## LISTED RECORDS
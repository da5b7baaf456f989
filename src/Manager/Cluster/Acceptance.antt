-- ===== src/Manager/Cluster/Acceptance.antt =====
-- Which snapshots of the cluster a manager accepts.
use rust_accelerator_no_sql.Prelude.{
  OptionLe-refl, option_lt→le, OptionLe, option_eq_refl, ◌&&◌, option_eq, Bool-cases, option_lt,
  inr, inl, ◌⊎◌, arith, refl, [], List, some, none, false, true, ◌≡◌, ℕ,
}
use rust_accelerator_no_sql.Manager.{State}
use rust_accelerator_no_sql.Manager.Cluster.{prune_nodes, merge_items, handle_cluster_state, accept}
use rust_accelerator_no_sql.Common.{Me, Partitions, ClusterNode, NodeId}

-- The snapshot is of a later epoch, or of the current epoch and its known leader.
abbrev pub IsAcceptable : State → ℕ → NodeId → Type 0
IsAcceptable state epoch leader_id =
    (option_lt state.epoch (some epoch) ≡ true)
    ⊎ ((state.epoch ≡ some epoch) × (state.elected_leader_id ≡ some leader_id))

refused :
    (state : State) (epoch : ℕ) (leader_id : NodeId)
    → option_lt state.epoch (some epoch) ≡ false
    → (option_eq state.epoch (some epoch) && option_eq state.elected_leader_id (some leader_id))
      ≡ false
    → ¬ (IsAcceptable state epoch leader_id)
refused state epoch leader_id l e (inl later) = ground arith
refused state epoch leader_id l e (inr (same_epoch, same_leader)) =
    ground (arith, option_eq_refl epoch, option_eq_refl leader_id)

pub accept_cases :
    (state : State) (epoch : ℕ) (leader_id : NodeId)
    → ((accept state epoch leader_id ≡ none) × ¬ (IsAcceptable state epoch leader_id))
      ⊎ (IsAcceptable state epoch leader_id
          × ((accepted : State) × (accept state epoch leader_id ≡ some accepted)
              × (accepted.epoch ≡ some epoch)
              × (accepted.elected_leader_id ≡ some leader_id)
              × (accepted.nodes ≡ state.nodes)))
unfolding accept
accept_cases state epoch leader_id = elim (Bool-cases (option_lt state.epoch (some epoch))) [
  | inl later ↦ inr (
    inl later,
    (
      record state { epoch = some epoch; elected_leader_id = some leader_id },
      ground arith,
      refl,
      refl,
      refl,
    ),
  )
  | inr not_later ↦
      elim (Bool-cases (
        option_eq state.epoch (some epoch) && option_eq state.elected_leader_id (some leader_id))) [
          | inl same ↦ inr (
            inr (ground arith, ground arith),
            (state, ground arith, ground arith, ground arith, refl),
          )
          | inr differ ↦ inl (ground arith, refused state epoch leader_id not_later differ)
        ]
]

-- A snapshot is taken up exactly when it is of a later epoch, or of the current epoch and the known
-- leader: then the state has the snapshot's epoch, leader and partitions. Otherwise the state stays
-- as it was and nothing is sent.
pub cluster_state_cases :
    (state : State) (epoch : ℕ) (leader_id : NodeId) (items : List ClusterNode)
    (partitions : Partitions) (me : Me)
    → (¬ (IsAcceptable state epoch leader_id)
        × (handle_cluster_state state epoch leader_id items partitions me ≡ (state, [])))
      ⊎ (IsAcceptable state epoch leader_id
          × ((handle_cluster_state state epoch leader_id items partitions me).0.epoch ≡ some epoch)
          × ((handle_cluster_state state epoch leader_id items partitions me).0.elected_leader_id
              ≡ some leader_id)
          × ((handle_cluster_state state epoch leader_id items partitions me).0.partitions
              ≡ partitions)
          × ((handle_cluster_state state epoch leader_id items partitions me).0.nodes
              ≡ (merge_items (prune_nodes state.nodes items me) items).0))
unfolding handle_cluster_state
cluster_state_cases state epoch leader_id items partitions me =
    elim (accept_cases state epoch leader_id) [
      | inl (e, no_) ↦ inl (no_, rw (e, handle_cluster_state))
      | inr (ok, (accepted, e, same_epoch, same_leader, same_nodes)) ↦ inr (
        ok,
        rw (e, handle_cluster_state) same_epoch,
        rw (e, handle_cluster_state) same_leader,
        rw (e, handle_cluster_state),
        rw (e, handle_cluster_state) (rw same_nodes),
      )
    ]

acceptable_le :
    (state : State) (epoch : ℕ) (leader_id : NodeId)
    → IsAcceptable state epoch leader_id
    → OptionLe state.epoch (some epoch)
acceptable_le state epoch leader_id (inl later) = option_lt→le state.epoch (some epoch) later
acceptable_le state epoch leader_id (inr (same, known)) = rw same (omega arith)

-- No snapshot takes the epoch back.
pub cluster_state_epoch :
    (state : State) (epoch : ℕ) (leader_id : NodeId) (items : List ClusterNode)
    (partitions : Partitions) (me : Me)
    → OptionLe state.epoch (handle_cluster_state state epoch leader_id items partitions me).0.epoch
cluster_state_epoch state epoch leader_id items partitions me =
    elim (cluster_state_cases state epoch leader_id items partitions me) [
      | inl (no_, same) ↦ rw same (OptionLe-refl state.epoch)
      | inr (ok, e, rest, more, nodes) ↦ rw e (acceptable_le state epoch leader_id ok)
    ]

## EXERCISE AIM
Give again, exactly, every line from the one holding "elim (accept_cases state" to the last line of the data.

## YOUR SOLUTION
    elim (accept_cases state epoch leader_id) [
      | inl (e, no_) ↦ inl (no_, rw (e, handle_cluster_state))
      | inr (ok, (accepted, e, same_epoch, same_leader, same_nodes)) ↦ inr (
        ok,
        rw (e, handle_cluster_state) same_epoch,
        rw (e, handle_cluster_state) same_leader,
        rw (e, handle_cluster_state),
        rw (e, handle_cluster_state) (rw same_nodes),
      )
    ]

acceptable_le :
    (state : State) (epoch : ℕ) (leader_id : NodeId)
    → IsAcceptable state epoch leader_id
    → OptionLe state.epoch (some epoch)
acceptable_le state epoch leader_id (inl later) = option_lt→le state.epoch (some epoch) later
acceptable_le state epoch leader_id (inr (same, known)) = rw same (omega arith)

-- No snapshot takes the epoch back.
pub cluster_state_epoch :
    (state : State) (epoch : ℕ) (leader_id : NodeId) (items : List ClusterNode)
    (partitions : Partitions) (me : Me)
    → OptionLe state.epoch (handle_cluster_state state epoch leader_id items partitions me).0.epoch
cluster_state_epoch state epoch leader_id items partitions me =
    elim (cluster_state_cases state epoch leader_id items partitions me) [
      | inl (no_, same) ↦ rw same (OptionLe-refl state.epoch)
      | inr (ok, e, rest, more, nodes) ↦ rw e (acceptable_le state epoch leader_id ok)
    ]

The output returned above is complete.